Please use this identifier to cite or link to this item: http://localhost:8080/xmlui/handle/123456789/3538
Title: EXAMINING VOLATILITY SPILLOVER BETWEEN FOREIGN EXCHANGE MARKETS AND STOCK MARKETS OF COUNTRIES SUCH AS BRICS COUNTRIES
Authors: Dharmendra, Singh
M, Theivanayaki
M, Ganeshwari
Issue Date: 23-Jun-2021
Publisher: Sage Journal
Abstract: The objective of this article is to examine the volatility spillover effect between the foreign exchange market and the stock market of Brazil, Russia, India, China and South Africa (BRICS) countries along with Japan as the developed country in the region, affecting the BRICS countries. Generalized Autoregressive Conditionally Heteroscedastic (GARCH) (1,1) method is used to study the volatility between the stock market and the foreign exchange market in selected countries, and asymmetric model, that is, Exponential Generalized Autoregressive Conditional Heteroscedasticity—EGARCH (1,1) is also used to investigate the presence of leverage effects in both stock market and foreign exchange market in selected countries. GARCH findings suggest a two-way volatility spillover between the stock market and foreign exchange markets for India, China and South Africa.

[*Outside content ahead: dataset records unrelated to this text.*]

-- ===== src/Webui/Nodes/News.antt =====
-- internal/webui/nodes.go: what the news of a node do to the table.
use go_meshtastic_serial2tcp.Prelude.{
  ℕ, ◌≡◌, ◌≢◌, refl, ap, ◌∙◌, true, Option, none, some, List, [], ◌∷◌, if◌then◌else◌, ◌==◌, arith,
  Bool-cases, inl, inr,
}
use go_meshtastic_serial2tcp.Prelude.Keys.{nat_key}
use go_meshtastic_serial2tcp.Prelude.Assoc.{get, get-put}
use go_meshtastic_serial2tcp.Prelude.Sorted.{at}
use go_meshtastic_serial2tcp.Meshtastic.{NodeInfo}
use go_meshtastic_serial2tcp.Meshtastic.Printer.{Printer}
use go_meshtastic_serial2tcp.Webui.Node.{NodeView}
use go_meshtastic_serial2tcp.Webui.Hub.{Hub}
use go_meshtastic_serial2tcp.Webui.Nodes.{
  node_at, put_node, notify_nodes, set_local_node_num, mark_known, mark_local, merge_info,
  update_node_from_info, touch_node_activity,
}

-- What reaches the table: a NodeInfo, a packet of a node with its signal, or the radio's own
-- number, each at its time.
pub data News : Type 0 where
  info_news : (time : ℕ) → NodeInfo → News
  packet_news : (time num snr : ℕ) → News
  local_news : (time num : ℕ) → News

module _ (q : Printer) where
  abbrev pub hear : Hub → News → Hub
  hear h (info_news time info) = update_node_from_info q time h (some info)
  hear h (packet_news time num snr) = touch_node_activity time h num snr time
  hear h (local_news time num) = set_local_node_num time h num

  abbrev pub hear_all : Hub → List News → Hub
  hear_all h [] = h
  hear_all h (x ∷ news) = hear_all (hear h x) news

pub node_at-put_node :
    (h : Hub) (k j : ℕ) (n : NodeView)
    → node_at (put_node h k n) j ≡ (if k == j then n else node_at h j)
node_at-put_node h k j n = ground (arith, get-put h.nodes k j n)

-- A part of the nodes' views, and what happens to that of node `j`.
module _ {A : Type 0} (part : NodeView → A) where
  pub put_node-part :
      (h : Hub) (k j : ℕ) (n : NodeView)
      → part n ≡ part (node_at h k)
      → part (node_at (put_node h k n) j) ≡ part (node_at h j)
  put_node-part h k j n e = ap part (node_at-put_node h k j n) ∙ (elim (Bool-cases (k == j)) [
    | inl t ↦ rw t (e ∙ ap (λ i. part (node_at h i)) (ground arith))
    | inr t ↦ rw t refl
  ])

  pub set_local_node_num-part :
      (time : ℕ) (h : Hub) (num k : ℕ)
      → ((n : NodeView) → part (mark_local n) ≡ part n)
      → part (node_at (set_local_node_num time h num) k) ≡ part (node_at h k)
  unfolding set_local_node_num notify_nodes
  set_local_node_num-part time h num k same = elim (Bool-cases (num == 0)) [
    | inl e ↦ rw e refl
    | inr e ↦ rw e (known (get h.nodes num) refl)
  ]
    where
      known :
          (o : Option NodeView)
          → get h.nodes num ≡ o
          → part (node_at (mark_known (record h { local_node_num = num }) num o) k)
            ≡ part (node_at h k)
      known none e = refl
      known (some v) e = put_node-part h num k (mark_local v) (same v ∙ ap part (rw (e, at) refl))

  -- A NodeInfo changes the part of its own node by `change`.
  pub update_node_from_info-part :
      (q : Printer) (time : ℕ) (h : Hub) (info : NodeInfo) (k : ℕ) (change : A → A)
      → ((n : NodeView) → part (merge_info q time h.local_node_num info n) ≡ change (part n))
      → k ≢ 0
      → part (node_at (update_node_from_info q time h (some info)) k)
        ≡ (if info.num == k then change (part (node_at h k)) else part (node_at h k))
  unfolding update_node_from_info notify_nodes
  update_node_from_info-part q time h info k change changes nz = elim (Bool-cases (info.num == 0)) [
    | inl z ↦ rw z (kept z)
    | inr z ↦ rw z (ap part (node_at-put_node h info.num k n) ∙ written)
  ]
    where
      n : NodeView
      n = merge_info q time h.local_node_num info (node_at h info.num)

      kept :
          info.num == 0 ≡ true
          → part (node_at h k)
            ≡ (if info.num == k then change (part (node_at h k)) else part (node_at h k))
      kept z = ground arith

      written :
          part (if info.num == k then n else node_at h k)
          ≡ (if info.num == k then change (part (node_at h k)) else part (node_at h k))
      written = elim (Bool-cases (info.num == k)) [
        | inl e ↦
            rw e
              (changes (node_at h info.num) ∙ ap (λ j. change (part (node_at h j))) (ground arith))
        | inr e ↦ rw e refl
      ]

In BRICS countries, volatility spillover from the currency market to the stock market is seen as more evident and robust as compared to spillover from the stock market to the currency market. A positive asymmetry in spillover is also observed from the foreign exchange market to the stock market. The findings of the study may provide valuable information to investors for decision-making in international portfolio investment and also for economic policymakers for their financial stability perspective.